Hope this helps, maybe I should check my email  - but maybe they are only going after older series 2 people.


----------



## tline (Mar 18, 2009)

If you have Lifetime I doubt you will see this offer.


----------



## scandia101 (Oct 20, 2007)

netringer said:


> If you have a $6.95 deal, they may be using this to get you paying $12.95.
> 
> (He says. Hoping he gets the email.)


I'd gladly lose my $6.95 rate for this offer if it's the offer that crunchgear.com stated (free with 12 months at $12.95). I'd jump on it w/o hesitation, but I'd have to think about it if it cost $49.99.


----------



## MichaelK (Jan 10, 2002)

if they can afford 50 bucks down and 12.95 for existing subs then why not do the same for anyone- that would have to get loads of subs- no?


----------



## ZeoTiVo (Jan 2, 2004)

mrchw said:


> The TSN listed in the e-mail is for my Tivo that has the $6.95 plan, so you could be right...

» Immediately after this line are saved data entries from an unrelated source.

-- ===== src/MsgBuffer/Invariant.antt =====
-- The offsets of LSSMsgBuffer stay in order and inside the vector, and what the copies inside
-- `append` and `ensureWriteableBytes` leave as contents.
use lssvc.Common.{
  Bool-cases, List, [], ap, arith, drop, drop-append_le, inl, inr, leb, leb→le, length,
  length-append, length-drop, length-replicate, length-take, le→leb, refl, replicate, some, take,
  take-drop, take_front, true, ℕ, ◌++◌, ◌+◌, ◌-◌, ◌>>=◌, ◌∙◌, ◌≡◌, ◌≤◌,
}
use lssvc.MsgBuffer.{
  MsgBuffer, buffer_offset, compact, contents, copy_in, ensure_writeable_bytes, grown_length, init,
  overwrite, peek, readable_bytes, writable_bytes,
}

pub record IsValid (b : MsgBuffer) : Type 0 where
  pub offset : buffer_offset ≤ b.head
  pub ordered : b.head ≤ b.tail
  pub within : b.tail ≤ length b.buffer
  pub capacity : buffer_offset ≤ b.cap

-- `b'` is in order and holds `xs`.
abbrev pub Holds : MsgBuffer → List ℕ → Type 0
Holds b' xs = IsValid b' × (contents b' ≡ xs)

pub init-Holds : (len : ℕ) → buffer_offset ≤ len → Holds (init len) []
unfolding init
init-Holds len h = (
  record {
    offset = omega arith;
    ordered = omega arith;
    within = omega (arith, length-replicate {A = ℕ} (len + 8) 0);
    capacity = h;
  },
  refl,
)

pub length-contents : (b : MsgBuffer) → IsValid b → length (contents b) ≡ readable_bytes b
length-contents b v =
    omega (arith, v, length-take {0} (readable_bytes b) (peek b), length-drop {0} b.head b.buffer)

-- A copy inside the vector: its result, and what stands before its end.
module _ (buf : List ℕ) (off : ℕ) (bytes : List ℕ) (fits : off + length bytes ≤ length buf) where
  abbrev pub written : List ℕ
  written = take off buf ++ (bytes ++ drop (off + length bytes) buf)

  pub overwrite_lem : overwrite buf off bytes ≡ some written
  unfolding overwrite
  overwrite_lem = rw (le→leb _ _ fits)

  pub length-written : length written ≡ length buf
  length-written = omega (
    arith,
    fits,
    length-append {0} (take off buf) (bytes ++ drop (off + length bytes) buf),
    length-append {0} bytes (drop (off + length bytes) buf),
    length-take {0} off buf,
    length-drop {0} (off + length bytes) buf,
  )

  -- The bytes from `start` to the end of the copy: the old ones, then the copied ones.
  pub slice-written :
      (start : ℕ)
      → start ≤ off
      → take (off + length bytes - start) (drop start written)
        ≡ take (off - start) (drop start buf) ++ bytes
  slice-written start h =
      let cut : drop start written
          ≡ drop start (take off buf) ++ (bytes ++ drop (off + length bytes) buf) =
        drop-append_le start (take off buf) _ (omega (arith, length-take {0} off buf)) in
      let old : take (off - start) (drop start buf) ≡ drop start (take off buf) =
        rw (take-drop start (off - start) buf)
          (ap (λ (k : ℕ). drop start (take k buf)) (omega arith)) in
      rw (cut, old)
        (take_front _ (drop start (take off buf)) bytes _
          (omega (arith, length-drop {0} start (take off buf), length-take {0} off buf)))

pub copy_in_lem :
    (b : MsgBuffer) (bytes : List ℕ)
    → IsValid b
    → length bytes ≤ writable_bytes b
    → (b' : MsgBuffer) × (copy_in b bytes ≡ some b')
      × Holds b' (contents b ++ bytes)
      × (writable_bytes b' + length bytes ≡ writable_bytes b)
unfolding copy_in
copy_in_lem b bytes v h =
    let fits : b.tail + length bytes ≤ length b.buffer = omega (arith, v) in
    (
      record b { buffer = written b.buffer b.tail bytes fits; tail = b.tail + length bytes },
      rw (overwrite_lem b.buffer b.tail bytes fits),
      (
        record {
          offset = v.offset;
          ordered = omega (arith, v);
          within = omega (arith, fits, length-written b.buffer b.tail bytes fits);
          capacity = v.capacity;
        },
        slice-written b.buffer b.tail bytes fits b.head v.ordered,
      ),
      omega (arith, fits, length-written b.buffer b.tail bytes fits),
    )

compact_lem :
    (b : MsgBuffer) (len : ℕ)
    → IsValid b
    → len + buffer_offset ≤ b.head + writable_bytes b
    → (b' : MsgBuffer) × (compact b ≡ some b') × Holds b' (contents b) × (len ≤ writable_bytes b')
unfolding compact
compact_lem b len v h =
    let size : length (contents b) ≡ b.tail - b.head = length-contents b v in
    let fits : 8 + length (contents b) ≤ length b.buffer = omega (arith, v, size) in
    let long : length (written b.buffer 8 (contents b) fits) ≡ length b.buffer =
      length-written b.buffer 8 (contents b) fits in
    let same : take (8 + length (contents b) - 8) (drop 8 (written b.buffer 8 (contents b) fits))
        ≡ contents b =
      slice-written b.buffer 8 (contents b) fits 8 (omega arith) in
    let width : 8 + (b.tail - b.head) - 8 ≡ 8 + length (contents b) - 8 = omega (arith, size) in
    (
      record b {
        buffer = written b.buffer 8 (contents b) fits;
        tail = 8 + (b.tail - b.head);
        head = 8;
      },
      rw (overwrite_lem b.buffer 8 (contents b) fits),
      (
        record {
          offset = omega arith;
          ordered = omega arith;
          within = omega (arith, fits, long, size);
          capacity = v.capacity;
        },
        ap (λ (k : ℕ). take k (drop 8 (written b.buffer 8 (contents b) fits))) width ∙ same,
      ),
      omega (arith, h, v, long),
    )

-- The call on the fresh buffer returns at once: it has the room.
ensure_fresh : (len n : ℕ) → n ≤ len → ensure_writeable_bytes 1 (init len) n ≡ some (init len)
unfolding ensure_writeable_bytes init
ensure_fresh len n h =
    let room : leb n (length (replicate (len + 8) (zero_byte)) - 8) ≡ true =
      le→leb _ _ (omega (arith, h, length-replicate {A = ℕ} (len + 8) 0)) in
    rw room
  where
    zero_byte : ℕ
    zero_byte = 0

writable-init : (len : ℕ) → writable_bytes (init len) ≡ len
unfolding init
writable-init len = omega (arith, length-replicate {A = ℕ} (len + 8) 0)

grow_lem :
    (b : MsgBuffer) (len : ℕ)
    → IsValid b
    → (b' : MsgBuffer) × ((ensure_writeable_bytes 1 (init (grown_length b len)) (readable_bytes b)
          >>= λ fresh. copy_in fresh (contents b))
        ≡ some b')
      × Holds b' (contents b)
      × (len ≤ writable_bytes b')
unfolding grown_length
grow_lem b len v =
    let need : readable_bytes b + len ≤ grown_length b len = ground (arith, v.within) in
    let big : buffer_offset ≤ grown_length b len = ground arith in
    let size : length (contents b) ≡ readable_bytes b = length-contents b v in
    let fresh : Holds (init (grown_length b len)) [] = init-Holds _ big in
    let room : writable_bytes (init (grown_length b len)) ≡ grown_length b len =
      writable-init (grown_length b len) in
    let (b', e, holds, left) =
      copy_in_lem (init (grown_length b len)) (contents b) fresh.0
        (omega (arith, need, size, room)) in
    (
      b',
      rw (ensure_fresh (grown_length b len) (readable_bytes b) (omega (arith, need))) e,
      (holds.0, rw fresh.1 at holds.1),
      omega (arith, need, left, size, room),
    )

-- Whatever the room, the call succeeds within its depth, keeps the contents, and makes the room.
pub ensure_writeable_bytes-Holds :
    (b : MsgBuffer) (len : ℕ)
    → IsValid b
    → (b' : MsgBuffer) × (ensure_writeable_bytes 2 b len ≡ some b')
      × Holds b' (contents b)
      × (len ≤ writable_bytes b')
ensure_writeable_bytes-Holds b len v = elim (Bool-cases (leb len (writable_bytes b))) [
  | inl fits ↦ (b, unfold ensure_writeable_bytes in rw fits, (v, refl), leb→le _ _ fits)
  | inr full ↦ elim (Bool-cases (leb (len + buffer_offset) (b.head + writable_bytes b))) [
    | inl slack ↦
        let (b', e, holds, room) = compact_lem b len v (leb→le _ _ slack) in
        (b', unfold ensure_writeable_bytes in rw (full, slack) e, holds, room)
    | inr tight ↦
        let (b', e, holds, room) = grow_lem b len v in
        (b', unfold ensure_writeable_bytes in rw (full, tight) e, holds, room)
  ]
]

I have 6.95 subs and no offer for me - but then I have 2 TiVo HD on 6.95 a month as well already


----------



## lafos (Nov 8, 2004)

Darn, and I just replaced all my monthly S2's with HD's. The only subbed S2 I have is the lifetime unit.


----------



## doyling (Aug 11, 2006)

mrchw said:


> And if you change the 2 to a 1 after multifeature, it's free. If I try to add it to my cart, it changes it to $49.


When I try to add it, the price jumps to $300.


----------



## wesmills (Mar 8, 2006)

I own a TiVo HD but it's not currently subscribed because I'm waiting until we move and are able to use it with FiOS. We need two more TiVo HD units and I'd LOVE to take advantage of this sort of offer for at least one. Pity it's for existing customers...


----------



## innocentfreak (Aug 25, 2001)

damn got me excited for a second. Oh well.


----------



## restart88 (Mar 9, 2002)

I am confused about this deal already. I have a $12.95 unit and a $6.95 MSD on a unit that died. I was just hoping for a deal such as this. But it looks like by taking this offer I lose my $6.95 MSD and pay $12.95 twice. No?

My $12.95 is under contract until Dec and the $6.95 is clear.


----------



## pilotbob (Nov 8, 2007)

restart88 said:


> Also, I know have a $12.95 unit and a $6.95 MSD on a unit that died. I was just hoping for a deal such as this. But it looks like by taking this offer I lose my $6.95 MSD and pay $12.95 twice. No?


You should start getting the MSD on the current $12.95 unit right? What is that... $2 off a month. I can't recall.

BOb


----------



## restart88 (Mar 9, 2002)

I don't know. It was contracted at $12.95. They "might" let me use the MSD on it. Or they may not. My money is super tight so that extra $7 is a big deal.


----------



## westside_guy (Mar 13, 2005)

Darn. I have an S2 that's on a $6.95/mo. plan; but no offer came to me...


----------



## Gregor (Feb 18, 2002)

I have 2 S2s on the 6.95 deal and no offer, either


----------



## MikeAndrews (Jan 17, 2002)

pilotbob said:


> You should start getting the MSD on the current $12.95 unit right? What is that... $2 off a month. I can't recall.
> 
> BOb


MSD is $9.95 a month, $99 a year, $299 lifetime, and some other silly 3 year deal.


----------



## scandia101 (Oct 20, 2007)

pilotbob said:


> You should start getting the MSD on the current $12.95 unit right? What is that... $2 off a month. I can't recall.
> 
> BOb


No, he shouldn't. The MSD is for new activations / commitments only.
He'd have to pay 12.95 X 2 until the first contract is up. At that time he he'd have two choices.
1 - let it ride as is for 12.95 with no contract
2 - agree to another 12 month contract to get the MSD rate.


----------



## cyber999 (Apr 29, 2009)

mrchw said:


> Anyone else get this offer?
> 
> Total cost is about $205 for 1 year, after that I can replace an old S2 box at $6.95/month with it...
> 
> ...


tivo also has a free hd tivo for 1 year service promo tivo.com/promo/cc/multifeature_1.html


----------



## pilotbob (Nov 8, 2007)

scandia101 said:


> No, he shouldn't. The MSD is for new activations / commitments only.
> He'd have to pay 12.95 X 2 until the first contract is up. At that time he he'd have two choices.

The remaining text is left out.